Extraction and isolation
The dried seeds of C. bursa-pastoris (80 kg) were extracted with 70% EtOH. The pooled extracts were concentrated to yield a residue (6.69 kg) and were suspended in water. Total extract was then extracted with petroleum ether (PE), dichloromethane (DCM), EtOAc and n-BuOH successively, yielding DCM extract (220 g) and n-BuOH extract (1000 g). The DCM extract was subjected to silica gel column chromatography (CC) eluted with dichloromethane-methanol (from 100:0 to 1:1) to afford 17 fractions (A–Q) and a precipitation. Fraction G (20 g) was further separated by column chromatography over silica gel, Sephadex LH-20 gel, and preparative HPLC to afford compound 1 (13.3 mg) and compound 11 (7.6 mg). Some white sediment precipitated from fraction D (13 g), and the precipitation was further purified by Sephadex LH-20 gel to afford compound 12 (11.6 mg). Fraction B (15 g) was subjected to silica gel column chromatography eluted with Petroleum ether-Ethyl acetate gradient to yield 6 fractions (B1-B6). Preparative thin-layer chromatography was used to separate fraction B4 and obtain compound 13 (20.8 mg).

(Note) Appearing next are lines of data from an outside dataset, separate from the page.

-- ===== src/Cache/Samples.antt =====
-- Runs of the cache's definitions and theorems at concrete inputs.
use import_lens.Prelude.{
  take, leb, ◌&&◌, bytes_eq, true, false, if◌then◌else◌, Option, ℕ, zero, suc, ◌+◌, ◌-◌, ◌*◌, ◌/◌,
  ◌≤◌, ◌≡◌, ◌⊎◌, refl, ap, sym, ◌∙◌, min, String, Bool, List, [], ◌∷◌, none, some, arith, length,
  codes, ltb, not, get, insert, contains, remove, All, text_dec, ite,
}
use import_lens.Cache.Identity.{
  CacheIdentity, component, namespace, encode_cache_identity, decode_cache_identity,
}
use import_lens.Cache.Identity.Keys.{Serializes, decode_cache_identity-encode}
use import_lens.Cache.Memory.{
  lowest_seq_disk_keys, filter_evictable, filter_loop, max_eviction_scan, record_unknown,
  clear_unknown, unknown_max_attempts, unknown_persist_after_ms, stale as stale_result, unverified,
}
use import_lens.Cache.Memory.Evictable.{cold, lowest_seq_disk_keys-cold}
use import_lens.Cache.Memory.Graduation.{first_of, sightings, record_unknown-graduates}
use import_lens.Cache.Hex.{hex_encode}
use import_lens.Cache.Fingerprint
use import_lens.Cache.Fingerprint.{
  IoResult, ok, err, not_found, Metadata, FileFingerprint, Freshness, fresh, gone, stale,
  fingerprint_is_installed, unverifiable_file_fingerprint, absent_file_fingerprint, check_one,
  check_fingerprints_strict,
}
use import_lens.Cache.Fingerprint.Verdict.{check_fingerprints_strict-eq-worst, worst}
use import_lens.Cache.Fingerprint.Conflict.{conflicting-pairwise, pairwise_compatible}
use import_lens.Cache.Budget.Shard.{EvictableShard}
use import_lens.Cache.Budget.{
  select_victim, older, victim, round, Pass, evict_while, enough, start, is_candidate, evict,
  first_of_each, EvictionOutcome,
}
use import_lens.Cache.Budget.Floor.{KeepsFloor}
use import_lens.Cache.Budget.Outcome.{evict_while_total, evict-still_over_budget}

-- A shard of entries of ten bytes each, its id and how many entries it has.
copies : ℕ → List String
copies zero = []
copies (suc n) = "key" ∷ copies n

length-copies : (n : ℕ) → length (copies n) ≡ n
unfolding copies
length-copies zero = refl
length-copies (suc n) = omega (arith, length-copies n)

abbrev Counted : Type 0
Counted = String × ℕ

abbrev counted : EvictableShard Counted
counted = record {
  shard_id = λ s. s.0;
  rollup = λ s. record { total_bytes = 10 * s.1; oldest_seq = s.1; entry_count = s.1 };
  lowest_seq_keys = λ s n floor. copies (min n (s.1 - floor));
  evict_keys = λ s keys. (10 * min (length keys) s.1, (s.0, s.1 - length keys));
  shard_id_fixed = λ s keys. refl;
}

copies_bound :
    (s : Counted) (n floor : ℕ) (key : String) (keys : List String)
    → copies (min n (s.1 - floor)) ≡ key ∷ keys
    → length (key ∷ keys) + floor ≤ s.1
copies_bound s n floor key keys e =
    let l : length (key ∷ keys) ≡ min n (s.1 - floor) = sym (ap length e) ∙ length-copies _ in
    omega arith

counted-KeepsFloor : KeepsFloor counted
counted-KeepsFloor = record {
  excludes_newest = copies_bound;
  removes_at_most = λ s keys. omega arith;
}

abbrev nine_tenths : ℕ → ℕ
nine_tenths b = 9 * b / 10

abbrev shards : List Counted
shards = ("a", 1000) ∷ ("b", 200) ∷ ("a", 7) ∷ []

evicts_to_low_water :
    evict counted nine_tenths 11000 none shards
    ≡ some (
      record { evicted_bytes = 3280; evicted_keys = 328; still_over_budget = Bool.false },
      ("a", 744) ∷ ("b", 128) ∷ [],
    )
unfolding evict evict_while first_of_each copies text_dec select_victim is_candidate older victim
    round get insert contains remove
evicts_to_low_water = refl

evict_while_total_example :
    let p = start counted (("a", 300) ∷ []) in
    (q : Pass Counted) × (evict_while counted (enough counted p) 2000 p ≡ some q)
    × (q.total ≡ p.total - q.outcome.evicted_bytes)
    × ((q.total ≤ 2000)
        ⊎ All (λ t. is_candidate counted q.rollups q.exhausted t ≡ Bool.false) q.shards)
unfolding start
evict_while_total_example = evict_while_total counted 2000 (start counted (("a", 300) ∷ [])) refl

evict-still_over_budget_example :
    (outcome : EvictionOutcome) × (left : List Counted) × (evict counted nine_tenths 11000 none
        shards
      ≡ some (outcome, left))
    × (outcome.still_over_budget
        ≡ ltb 11000
            ((start counted (first_of_each counted [] shards)).total - outcome.evicted_bytes))
evict-still_over_budget_example =
    evict-still_over_budget counted nine_tenths 11000 none shards (omega arith)

-- A disk with one file, of three bytes.
abbrev metadata : String → IoResult Metadata
metadata p =
    ite (text_dec p "/src/a.ts") (ok (record { len = 3; modified = some 50 })) (err not_found)

abbrev read : String → IoResult (List ℕ)
read p = ite (text_dec p "/src/a.ts") (ok (1 ∷ 2 ∷ 3 ∷ [])) (err not_found)

abbrev hash : List ℕ → ℕ
hash [] = 0
hash (b ∷ bs) = b + 31 * hash bs

abbrev seen : ℕ → FileFingerprint
seen h = record { path = "/src/a.ts"; len = 3; modified_millis = 50; content_hash = some h }

hash_is : hash (1 ∷ 2 ∷ 3 ∷ []) ≡ 2946
hash_is = refl

program : Unit {0}
unfolding text_dec check_fingerprints_strict check_one Fingerprint.check_fingerprint_strict
    Fingerprint.verify_content_hash fingerprint_is_installed
program = tt

fresh_run : check_fingerprints_strict metadata read hash (seen 2946 ∷ []) ≡ fresh
unfolding program
fresh_run = refl

stale_run : check_fingerprints_strict metadata read hash (seen 2946 ∷ seen 5 ∷ []) ≡ stale
unfolding program
stale_run = refl

check_fingerprints_strict-eq-worst_example :
    check_fingerprints_strict metadata read hash (seen 5 ∷ [])
    ≡ worst metadata read hash (seen 5 ∷ [])
check_fingerprints_strict-eq-worst_example =
    check_fingerprints_strict-eq-worst metadata read hash (seen 5 ∷ [])

conflicting-pairwise_example :
    Fingerprint.fingerprints_have_conflicting_snapshots (seen 2946 ∷ seen 5 ∷ [])
    ≡ not (pairwise_compatible (seen 2946 ∷ seen 5 ∷ []))
conflicting-pairwise_example = conflicting-pairwise (seen 2946 ∷ seen 5 ∷ [])

hex_runs : hex_encode (0 ∷ 171 ∷ 255 ∷ []) ≡ codes "00abff"
unfolding hex_encode
hex_runs = refl

abbrev react_identity : CacheIdentity
react_identity = record {
  analyzer_version = "7";
  specifier = "react";
  package_name = "react";
  package_version = "19.0.0";
  package_root = some "/app/react";
  entry_path = some "/app/react/index.js";
  runtime = component;
  import_kind = namespace;
  named_exports = [];
}

-- A serializer that writes the specifier and knows one identity.
abbrev to_vec : CacheIdentity → List ℕ
to_vec i = codes i.specifier

abbrev from_slice : List ℕ → Option CacheIdentity
from_slice bytes = if bytes_eq bytes (codes "react") then some react_identity else none

react-Serializes : Serializes to_vec from_slice react_identity
unfolding bytes_eq
react-Serializes = record {
  bytes = (omega arith, (omega arith, (omega arith, (omega arith, (omega arith, tt)))));
  reads_back = refl;
}

-- The package was removed.
abbrev nothing_there : String → IoResult (Unit {0})
nothing_there path = err not_found

decode_cache_identity-encode_example :
    decode_cache_identity to_vec from_slice (encode_cache_identity to_vec from_slice react_identity)
    ≡ some react_identity
decode_cache_identity-encode_example =
    decode_cache_identity-encode to_vec from_slice react_identity react-Serializes

-- The project's folder is gone and the one above it is there.
abbrev above : String → List String
above path = "/home" ∷ []

abbrev probe : String → IoResult Bool
probe path = ok (ite (text_dec path "/home") true false)

-- "b" was read after it was persisted.
abbrev recency : List (String × ℕ)
recency = ("a", 1) ∷ ("b", 9) ∷ []

abbrev on_disk : ℕ → List (String × ℕ)
on_disk floor = ("a", 1) ∷ ("b", 2) ∷ ("c", 3) ∷ []

hot_keys_are_paged_past :
    lowest_seq_disk_keys recency (λ n floor. take n (on_disk floor)) 2 64 ≡ "a" ∷ "c" ∷ []
unfolding lowest_seq_disk_keys filter_evictable filter_loop get text_dec
hot_keys_are_paged_past = refl

lowest_seq_disk_keys-cold_example :
    lowest_seq_disk_keys recency (λ n floor. take n (on_disk floor)) 2 64
    ≡ take 2 (cold recency (take max_eviction_scan (on_disk 64)))
lowest_seq_disk_keys-cold_example =
    lowest_seq_disk_keys-cold recency on_disk 2 64 (omega arith) (omega arith)

abbrev later_sightings : List ℕ
later_sightings = 100 ∷ 200 ∷ []

record_unknown-graduates_example :
    (record_unknown 500 "a" (sightings "a" later_sightings (clear_unknown "a" []))).0 ≡ (
      if leb (suc (length later_sightings)) unknown_max_attempts
        && ltb (500 - first_of later_sightings 500) unknown_persist_after_ms
      then stale_result true
      else unverified "dependency verification failed (transient)")
record_unknown-graduates_example = record_unknown-graduates "a" later_sightings 500 []

first_report :
    (record_unknown 500 "a" (sightings "a" [] (clear_unknown "a" []))).0 ≡ stale_result true
first_report = record_unknown-graduates "a" [] 500 []
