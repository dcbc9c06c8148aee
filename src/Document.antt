-- ===== src/Document.antt =====
-- daemon/src/document: what is read out of a document and of the files beside it.
pub mod Glob
pub mod Ignore
pub mod Positions
mod Samples
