-- ===== src/Document/Glob.antt =====
-- daemon/src/document/ignore.rs, `glob_matches_exact`: the matcher of the ignore rules, with its memo.
-- A slice from an index to the end is the list that begins there; the index goes along for the memo.
pub mod Memo
pub mod Relation
use import_lens.Prelude.{
  ℕ, suc, Bool, true, false, ◌&&◌, List, [], ◌∷◌, Option, none, some, ◌==◌, if◌then◌else◌,
}

abbrev pub Bytes : Type 0
Bytes = List ℕ

-- `memo[pattern_index][value_index]`
abbrev pub Table : Type 0
Table = ℕ → ℕ → Option Bool

unfoldable pub store : Table → ℕ → ℕ → Bool → Table
store memo i j r a b = if a == i && b == j then some r else memo a b

-- The answer from the memo, or `body` with its answer stored.
unfoldable pub recall : ℕ → ℕ → Table → (Table → Bool × Table) → Bool × Table
recall i j memo body = elim (memo i j) [
  | some r ↦ (r, memo)
  | none ↦ let (r, memo') = body memo in (r, store memo' i j r)
]

-- `a || b`, where `b` runs only if `a` is false.
abbrev pub or_else : Bool × Table → (Table → Bool × Table) → Bool × Table
or_else (true, memo) next = (true, memo)
or_else (false, memo) next = next memo

abbrev pub is_empty : Bytes → Bool
is_empty [] = true
is_empty (_ ∷ _) = false

unfoldable pub glob_matches_at : Bytes → Bytes → ℕ → ℕ → Table → Bool × Table
glob_matches_at [] value i j memo = recall i j memo (λ m. (is_empty value, m))
glob_matches_at (c ∷ []) [] i j memo = recall i j memo λ m. elim (c == b'*') [
  | true ↦ or_else (glob_matches_at [] [] (suc i) j m) (λ m'. (false, m'))
  | false ↦ (false, m)
]
glob_matches_at (c ∷ []) (x ∷ value) i j memo = recall i j memo λ m. elim (c == b'*') [
  | true ↦ or_else (glob_matches_at [] (x ∷ value) (suc i) j m) λ m'. elim (x == b'/') [
    | true ↦ (false, m')
    | false ↦ glob_matches_at (c ∷ []) value i (suc j) m'
  ]
  | false ↦ elim (c == x) [ true ↦ glob_matches_at [] value (suc i) (suc j) m | false ↦ (false, m) ]
]
glob_matches_at (c ∷ d ∷ pattern) [] i j memo = recall i j memo λ m. elim (c == b'*') [
  | true ↦ elim (d == b'*') [
    | true ↦ or_else (glob_matches_at pattern [] (suc (suc i)) j m) (λ m'. (false, m'))
    | false ↦ or_else (glob_matches_at (d ∷ pattern) [] (suc i) j m) (λ m'. (false, m'))
  ]
  | false ↦ (false, m)
]
glob_matches_at (c ∷ d ∷ pattern) (x ∷ value) i j memo = recall i j memo λ m. elim (c == b'*') [
  | true ↦ elim (d == b'*') [
    | true ↦
        or_else (glob_matches_at pattern (x ∷ value) (suc (suc i)) j m)
          λ m'. glob_matches_at (c ∷ d ∷ pattern) value i (suc j) m'
    | false ↦ or_else (glob_matches_at (d ∷ pattern) (x ∷ value) (suc i) j m) λ m'.
        elim (x == b'/') [
          | true ↦ (false, m')
          | false ↦ glob_matches_at (c ∷ d ∷ pattern) value i (suc j) m'
        ]
  ]
  | false ↦ elim (c == x) [
    | true ↦ glob_matches_at (d ∷ pattern) value (suc i) (suc j) m
    | false ↦ (false, m)
  ]
]

unfoldable pub glob_matches_exact : Bytes → Bytes → Bool
unfolding glob_matches_at recall store
glob_matches_exact pattern value = (glob_matches_at pattern value 0 0 (λ _ _. none)).0
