-- ===== src/Document/Glob/Memo.antt =====
-- The memo of the glob matcher (daemon/src/document/ignore.rs) changes no answer.
use import_lens.Prelude.{
  ℕ, suc, zero, ◌≡◌, refl, sym, ◌∙◌, Bool, true, false, ◌||◌, List, [], ◌∷◌, none, some, arith,
  ◌==◌, drop, Option-cases, inl, inr,
}
use import_lens.Document.Glob.{
  Bytes, Table, store, recall, or_else, is_empty, glob_matches_at, glob_matches_exact,
}

-- The same search with no memo.
unfoldable pub accepts : Bytes → Bytes → Bool
accepts [] value = is_empty value
accepts (c ∷ []) [] = elim (c == b'*') [ true ↦ accepts [] [] || false | false ↦ false ]
accepts (c ∷ []) (x ∷ value) = elim (c == b'*') [
  | true ↦
      accepts [] (x ∷ value) || (elim (x == b'/') [ true ↦ false | false ↦ accepts (c ∷ []) value ])
  | false ↦ elim (c == x) [ true ↦ accepts [] value | false ↦ false ]
]
accepts (c ∷ d ∷ pattern) [] = elim (c == b'*') [
  | true ↦ elim (d == b'*') [
    | true ↦ accepts pattern [] || false
    | false ↦ accepts (d ∷ pattern) [] || false
  ]
  | false ↦ false
]
accepts (c ∷ d ∷ pattern) (x ∷ value) = elim (c == b'*') [
  | true ↦ elim (d == b'*') [
    | true ↦ accepts pattern (x ∷ value) || accepts (c ∷ d ∷ pattern) value
    | false ↦
        accepts (d ∷ pattern) (x ∷ value)
        || (elim (x == b'/') [ true ↦ false | false ↦ accepts (c ∷ d ∷ pattern) value ])
  ]
  | false ↦ elim (c == x) [ true ↦ accepts (d ∷ pattern) value | false ↦ false ]
]

drop-suc {ℓ} :
    {A : Type ℓ} (i : ℕ) (xs : List A) {x : A} {ys : List A}
    → drop i xs ≡ x ∷ ys
    → drop (suc i) xs ≡ ys
drop-suc zero [] h = cc
drop-suc zero (x ∷ xs) h = cc
drop-suc (suc i) [] h = cc
drop-suc (suc i) (x ∷ xs) h = drop-suc i xs h

-- The whole pattern and the whole value, into which the indices point.
module _ (p v : Bytes) where
  abbrev answer : ℕ → ℕ → Bool
  answer i j = accepts (drop i p) (drop j v)

  -- Every answer in the memo is that of the search without one.
  abbrev IsRight : Table → Type 0
  IsRight memo = (i j : ℕ) (r : Bool) → memo i j ≡ some r → r ≡ answer i j

  abbrev Gives : Bool → Bool × Table → Type 0
  Gives b r = (r.0 ≡ b) × IsRight r.1

  store-IsRight :
      (memo : Table) (i j : ℕ) (r : Bool)
      → IsRight memo
      → r ≡ answer i j
      → IsRight (store memo i j r)
  unfolding store
  store-IsRight memo i j r right e a b s h = ground (arith, right a b s)

  recall-Gives :
      (i j : ℕ) (memo : Table) (body : Table → Bool × Table) (b : Bool)
      → b ≡ answer i j
      → ((m : Table) → IsRight m → Gives b (body m))
      → IsRight memo
      → Gives b (recall i j memo body)
  unfolding recall
  recall-Gives i j memo body b e ok right = elim (Option-cases (memo i j)) [
    | inl new ↦
        let (same, right') = ok memo right in
        rw (new, recall) (same, store-IsRight (body memo).1 i j (body memo).0 right' (same ∙ e))
    | inr (r, old) ↦ rw (old, recall) (right i j r old ∙ sym e, right)
  ]

  or_else-Gives :
      (r : Bool × Table) (next : Table → Bool × Table) (a b : Bool)
      → Gives a r
      → ((m : Table) → IsRight m → Gives b (next m))
      → Gives (a || b) (or_else r next)
  or_else-Gives (true, m) next a b (same, right) ok = (ground arith, right)
  or_else-Gives (false, m) next a b (same, right) ok =
      let (same', right') = ok m right in (ground arith, right')

  branch-Gives :
      (test : Bool) (a b : Bool) (r s : Bool × Table)
      → Gives a r
      → Gives b s
      → Gives (elim test [ true ↦ a | false ↦ b ]) (elim test [ true ↦ r | false ↦ s ])
  branch-Gives true a b r s hr hs = hr
  branch-Gives false a b r s hr hs = hs

  glob-Gives :
      (pattern value : Bytes) (i j : ℕ) (memo : Table)
      → drop i p ≡ pattern
      → drop j v ≡ value
      → IsRight memo
      → Gives (accepts pattern value) (glob_matches_at pattern value i j memo)
  unfolding glob_matches_at accepts
  glob-Gives [] value i j memo ei ej right =
      recall-Gives i j memo _ (is_empty value) (rw (ei, ej) refl) (λ m r. (refl, r)) right
  glob-Gives (c ∷ []) [] i j memo ei ej right =
      recall-Gives i j memo _ (accepts (c ∷ []) []) (rw (ei, ej) refl)
        (λ m r.
          branch-Gives (c == b'*') _ _ _ _
            (or_else-Gives _ _ _ false (glob-Gives [] [] (suc i) j m (drop-suc i p ei) ej r)
              (λ m' r'. (refl, r')))
            (refl, r))
        right
  glob-Gives (c ∷ []) (x ∷ value) i j memo ei ej right =
      recall-Gives i j memo _ (accepts (c ∷ []) (x ∷ value)) (rw (ei, ej) refl)
        (λ m r.
          branch-Gives (c == b'*') _ _ _ _
            (or_else-Gives _ _ _ _ (glob-Gives [] (x ∷ value) (suc i) j m (drop-suc i p ei) ej r)
              (λ m' r'.
                branch-Gives (x == b'/') _ _ _ _ (refl, r')
                  (glob-Gives (c ∷ []) value i (suc j) m' ei (drop-suc j v ej) r')))
            (branch-Gives (c == x) _ _ _ _
              (glob-Gives [] value (suc i) (suc j) m (drop-suc i p ei) (drop-suc j v ej) r)
              (refl, r)))
        right
  glob-Gives (c ∷ d ∷ pattern) [] i j memo ei ej right =
      recall-Gives i j memo _ (accepts (c ∷ d ∷ pattern) []) (rw (ei, ej) refl)
        (λ m r.
          branch-Gives (c == b'*') _ _ _ _
            (branch-Gives (d == b'*') _ _ _ _
              (or_else-Gives _ _ _ false
                (glob-Gives pattern [] (suc (suc i)) j m (drop-suc (suc i) p (drop-suc i p ei)) ej
                  r)
                (λ m' r'. (refl, r')))
              (or_else-Gives _ _ _ false
                (glob-Gives (d ∷ pattern) [] (suc i) j m (drop-suc i p ei) ej r)
                (λ m' r'. (refl, r'))))
            (refl, r))
        right
  glob-Gives (c ∷ d ∷ pattern) (x ∷ value) i j memo ei ej right =
      recall-Gives i j memo _ (accepts (c ∷ d ∷ pattern) (x ∷ value)) (rw (ei, ej) refl)
        (λ m r.
          branch-Gives (c == b'*') _ _ _ _
            (branch-Gives (d == b'*') _ _ _ _
              (or_else-Gives _ _ _ _
                (glob-Gives pattern (x ∷ value) (suc (suc i)) j m
                  (drop-suc (suc i) p (drop-suc i p ei)) ej r)
                (λ m' r'. glob-Gives (c ∷ d ∷ pattern) value i (suc j) m' ei (drop-suc j v ej) r'))
              (or_else-Gives _ _ _ _
                (glob-Gives (d ∷ pattern) (x ∷ value) (suc i) j m (drop-suc i p ei) ej r)
                (λ m' r'.
                  branch-Gives (x == b'/') _ _ _ _ (refl, r')
                    (glob-Gives (c ∷ d ∷ pattern) value i (suc j) m' ei (drop-suc j v ej) r'))))
            (branch-Gives (c == x) _ _ _ _
              (glob-Gives (d ∷ pattern) value (suc i) (suc j) m (drop-suc i p ei) (drop-suc j v ej)
                r)
              (refl, r)))
        right

-- The matcher with its memo answers as the search that remembers nothing.
pub glob_matches_exact-accepts :
    (pattern value : Bytes) → glob_matches_exact pattern value ≡ accepts pattern value
unfolding glob_matches_exact
glob_matches_exact-accepts pattern value =
    (glob-Gives pattern value pattern value 0 0 (λ _ _. none) refl refl (λ i j r h. cc)).0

A viscous substance precipitated from the n-BuOH extract, and the precipitation was further separated by silica gel column chromatography and recrystallization to afford compound 6 (12.7 mg) and compound 14 (21.0 mg). The n-BuOH extract was fractionated by macroreticular resin attraction separation (AB-8) into four fractions (25% ethanol, 50% ethanol, 70% ethanol and 95% ethanol). The 25% ethanol fraction of the n-BuOH extract (160 g) was further separated by CC over silica gel to afford fractions A-F. After removing the precipitate, fraction B (15 g) was further separated by Sephadex LH-20 gel to afford 9 fractions (B1-B9), and by preparative thin-layer chromatography and preparative HPLC for the separation of fraction B2 to afford compound 2 (20.2 mg), Fraction B3 was separated by recrystallization to afford compound 15 (5.2 mg). Yellow powder was precipitated from fractions B7 and B9 to obtain compound 9 (5.6 mg) and compound 4 (14.4 mg). Fraction C (30 g) was further separated by column chromatography (CC) over silica gel to afford fractions C1-C16. Fractions C1-C9 were further separated by Sephadex LH-20 gel to afford compound 10 (5.2 mg). Fractions C10-C16 were further separated by Sephadex LH-20 gel and preparative HPLC to afford compound 3 (785.8 mg) and compound 8 (11.3 mg). Fraction A (10 g) was further separated by CC over silica gel and preparative HPLC to afford compound 5 (5.0 mg). Some substances precipitated from fraction E were further separated by Sephadex LH-20 gel to afford compound 7 (7.6 mg).
Statistical analysis
Data were represented as mean ± SD of three independent experiments. The statistical analyses were performed using the one-way analysis of ANOVA in GraphPad Prism 8. Differences of 5% were considered significant (*P˂ 0.05, **P ˂ 0.01).